== Problem ==
Pull out each line of the data that includes the word "omega".

== Data in this exercise ==
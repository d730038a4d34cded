-- ===== src/Tools/Quota/Shares.antt =====
-- The shares of the calls of a batch.
use serpe.Base.{
  AllOk, AllOk-bind, IsIn, ℕ, zero, suc, ◌+◌, ◌-◌, ◌*◌, ◌/◌, ◌%◌, ◌≤◌, ◌≡◌, refl, ltb, Option, none,
  some, List, [], ◌∷◌, ◌==◌, ℤ, nat_eq, arith, length, All, Option-cases, Bool-cases, inl, inr,
  subst,
}
use native.Mathlib.Nat.{mod-eq-sub-mul-div, mul-div-le, le-div_iff_mul-le}
use serpe.Tools.Limits.{OutputLimits}
use serpe.Tools.Quota.{
  Result, ok, err, per_call_error_reserve, mul64, apply_options, tighten, check_reserve,
  apply_start_options, call_quotas, reserve_quotas, allocate_call_quotas, start_quotas,
}

-- What the calls of a batch may put out together.
abbrev pub total_framed : List (OutputLimits ℕ) → ℕ
total_framed [] = 0
total_framed (q ∷ qs) = q.max_framed_bytes + total_framed qs

-- A share keeps room for an error of its call, under the limit of one output.
abbrev pub IsShare : ℕ → OutputLimits ℕ → Type 0
IsShare most q = IsIn per_call_error_reserve most q.max_framed_bytes

length-call_quotas :
    (batch : OutputLimits ℕ) (n i left : ℕ) → length (call_quotas batch n i left) ≡ left
unfolding call_quotas
length-call_quotas batch n i zero = refl
length-call_quotas batch n i (suc left) = ground (arith, length-call_quotas batch n (suc i) left)

total-call_quotas :
    (batch : OutputLimits ℕ) (n i left : ℕ)
    → let b = batch.max_batch_framed_bytes in
      total_framed (call_quotas batch n i left) ≤ left * (b / n) + (b % n - i)
unfolding call_quotas
total-call_quotas batch n i zero = omega arith
total-call_quotas batch n i (suc left) = ground (arith, total-call_quotas batch n (suc i) left)

call_quotas-IsShare :
    (batch : OutputLimits ℕ) (n i left : ℕ)
    → per_call_error_reserve ≤ batch.max_framed_bytes
    → per_call_error_reserve ≤ batch.max_batch_framed_bytes / n
    → All (IsShare batch.max_framed_bytes) (call_quotas batch n i left)
unfolding call_quotas
call_quotas-IsShare batch n i zero one all = tt
call_quotas-IsShare batch n i (suc left) one all =
    (ground arith, call_quotas-IsShare batch n (suc i) left one all)

mul64_inv : (a b c : ℕ) → mul64 a b ≡ some c → c ≡ a * b
unfolding mul64
mul64_inv a b c h = ground arith

-- Whole shares and the remainder make up the quotient's dividend.
shares_whole : (b n : ℕ) → n * (b / n) + (b % n - 0) ≤ b
shares_whole b n = omega (arith, mod-eq-sub-mul-div b n, mul-div-le b n)

reserve_each : (b n : ℕ) → 1 ≤ n → n * per_call_error_reserve ≤ b → per_call_error_reserve ≤ b / n
reserve_each b n one le = (le-div_iff_mul-le (omega arith)).1 (omega arith)

abbrev IsAllocated : OutputLimits ℕ → ℕ → List (OutputLimits ℕ) → Type 0
IsAllocated base n qs =
    (length qs ≡ n)
    × All (IsShare base.max_framed_bytes) qs
    × (total_framed qs ≤ base.max_batch_framed_bytes)

AllOk-Unit {ℓ} : {A : Type ℓ} (r : Result A) → AllOk (λ _. Unit {0}) r
AllOk-Unit (ok m) = tt
AllOk-Unit (err e) = tt

reserve_quotas-AllOk :
    (batch : OutputLimits ℕ) (n : ℕ)
    → 1 ≤ n
    → per_call_error_reserve ≤ batch.max_framed_bytes
    → AllOk (IsAllocated batch n) (reserve_quotas batch n)
unfolding reserve_quotas
reserve_quotas-AllOk batch n one room = elim (Option-cases (mul64 n per_call_error_reserve)) [
  | inl overflow ↦ rw (overflow, AllOk) tt
  | inr (need, known) ↦
      rw (known, AllOk)
        (elim (Bool-cases (ltb batch.max_batch_framed_bytes need)) [
          | inl small ↦ rw small tt
          | inr fits ↦
              let exact = mul64_inv n per_call_error_reserve need known in
              rw fits (
                length-call_quotas batch n 0 n,
                call_quotas-IsShare batch n 0 n room
                    (reserve_each batch.max_batch_framed_bytes n one (ground arith)),
                omega (
                  arith,
                  total-call_quotas batch n 0 n,
                  shares_whole batch.max_batch_framed_bytes n,
                ),
              )
        ])
]

allocate_call_quotas-AllOk :
    (batch : OutputLimits ℕ) (n : ℕ)
    → per_call_error_reserve ≤ batch.max_framed_bytes
    → AllOk (IsAllocated batch n) (allocate_call_quotas batch n)
unfolding allocate_call_quotas
allocate_call_quotas-AllOk batch n room = elim (Bool-cases (n == 0)) [
  | inl empty ↦ rw empty tt
  | inr full ↦ rw full (reserve_quotas-AllOk batch n (ground arith) room)
]

-- Limits that are the executor's, or tighter for the whole batch.
abbrev IsTightened : OutputLimits ℕ → OutputLimits ℕ → Type 0
IsTightened base l =
    (l.max_framed_bytes ≡ base.max_framed_bytes)
    × (l.max_batch_framed_bytes ≤ base.max_batch_framed_bytes)

tighten-AllOk : (m : Option ℕ) (base : OutputLimits ℕ) → AllOk (IsTightened base) (tighten m base)
unfolding tighten
tighten-AllOk none base = (refl, omega arith)
tighten-AllOk (some n) base = ground arith

check_reserve-AllOk :
    (calls : ℕ) (base l : OutputLimits ℕ)
    → IsTightened base l
    → AllOk (IsTightened base) (check_reserve calls l)
unfolding check_reserve
check_reserve-AllOk calls base l t = elim (Option-cases (mul64 calls per_call_error_reserve)) [
  | inl overflow ↦ rw (overflow, AllOk) tt
  | inr (need, known) ↦
      rw (known, AllOk)
        (elim (Bool-cases (ltb l.max_batch_framed_bytes need)) [
          | inl small ↦ rw small tt
          | inr fits ↦ rw fits t
        ])
]

apply_start_options-AllOk :
    (opts : List (Option ℤ)) (base : OutputLimits ℕ) (calls : ℕ)
    → AllOk (IsTightened base) (apply_start_options opts base calls)
unfolding apply_start_options
apply_start_options-AllOk opts base calls =
    AllOk-bind (λ _. Unit) (IsTightened base) (apply_options opts none) _
      (AllOk-Unit (apply_options opts none))
      (λ m _.
        AllOk-bind (IsTightened base) (IsTightened base) (tighten m base) _ (tighten-AllOk m base)
          (check_reserve-AllOk calls base))

start_quotas-AllOk :
    (opts : List (Option ℤ)) (base : OutputLimits ℕ) (calls : ℕ)
    → per_call_error_reserve ≤ base.max_framed_bytes
    → AllOk (IsAllocated base calls) (start_quotas opts base calls)
unfolding start_quotas
start_quotas-AllOk opts base calls room =
    AllOk-bind (IsTightened base) (IsAllocated base calls) (apply_start_options opts base calls) _
      (apply_start_options-AllOk opts base calls)
      (λ l t.
        loosen l t (allocate_call_quotas l calls)
          (allocate_call_quotas-AllOk l calls (omega (arith, t.0))))
  where
    loosen :
        (l : OutputLimits ℕ)
        → IsTightened base l
        → (r : Result (List (OutputLimits ℕ))) → AllOk (IsAllocated l calls) r
        → AllOk (IsAllocated base calls) r
    loosen l t (ok qs) (n, each, all) =
        (n, subst (λ most. All (IsShare most) qs) t.0 each, omega (arith, t.1))
    loosen l t (err e) h = tt

-- Where one output may be as large as the reserve for an error, the calls of a started batch get a
-- share each: enough for an error of the call, at most what one output may have, and together at most
-- what the executor allows a batch, whatever the options.
pub start_quotas-All :
    (opts : List (Option ℤ)) (base : OutputLimits ℕ) (calls : ℕ) (qs : List (OutputLimits ℕ))
    → per_call_error_reserve ≤ base.max_framed_bytes
    → start_quotas opts base calls ≡ ok qs
    → (length qs ≡ calls)
      × All (IsShare base.max_framed_bytes) qs
      × (total_framed qs ≤ base.max_batch_framed_bytes)
start_quotas-All opts base calls qs room h =
    subst (AllOk (IsAllocated base calls)) h (start_quotas-AllOk opts base calls room)

abbrev HasQuotas : ℕ → OutputLimits ℕ → Type 0
HasQuotas calls l = (qs : List (OutputLimits ℕ)) × (reserve_quotas l calls ≡ ok qs)

check_reserve-HasQuotas :
    (calls : ℕ) (l : OutputLimits ℕ) → AllOk (HasQuotas calls) (check_reserve calls l)
unfolding check_reserve reserve_quotas
check_reserve-HasQuotas calls l = elim (Option-cases (mul64 calls per_call_error_reserve)) [
  | inl overflow ↦ rw (overflow, AllOk) tt
  | inr (need, known) ↦
      rw (known, AllOk)
        (elim (Bool-cases (ltb l.max_batch_framed_bytes need)) [
          | inl small ↦ rw small tt
          | inr fits ↦ rw fits (call_quotas l calls 0 calls, rw (known, fits, reserve_quotas))
        ])
]

apply_start_options-HasQuotas :
    (opts : List (Option ℤ)) (base : OutputLimits ℕ) (calls : ℕ)
    → AllOk (HasQuotas calls) (apply_start_options opts base calls)
unfolding apply_start_options
apply_start_options-HasQuotas opts base calls =
    AllOk-bind (λ _. Unit) (HasQuotas calls) (apply_options opts none) _
      (AllOk-Unit (apply_options opts none))
      (λ m _.
        AllOk-bind (λ _. Unit) (HasQuotas calls) (tighten m base) _ (AllOk-Unit (tighten m base))
          (λ l _. check_reserve-HasQuotas calls l))

-- Limits that passed the options of a batch are never refused by the allocation: a batch with a call
-- gets its quotas.
pub allocate_call_quotas_complete :
    (opts : List (Option ℤ)) (base l : OutputLimits ℕ) (calls : ℕ)
    → 1 ≤ calls
    → apply_start_options opts base calls ≡ ok l
    → (qs : List (OutputLimits ℕ)) × (allocate_call_quotas l calls ≡ ok qs)
unfolding allocate_call_quotas
allocate_call_quotas_complete opts base l calls one h =
    let (qs, found) =
      subst (AllOk (HasQuotas calls)) h (apply_start_options-HasQuotas opts base calls) in
    (qs, ground (arith, found))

== Task result ==
total-call_quotas batch n i zero = omega arith
shares_whole b n = omega (arith, mod-eq-sub-mul-div b n, mul-div-le b n)
reserve_each b n one le = (le-div_iff_mul-le (omega arith)).1 (omega arith)
                omega (
tighten-AllOk none base = (refl, omega arith)
          (allocate_call_quotas-AllOk l calls (omega (arith, t.0))))
        (n, subst (λ most. All (IsShare most) qs) t.0 each, omega (arith, t.1))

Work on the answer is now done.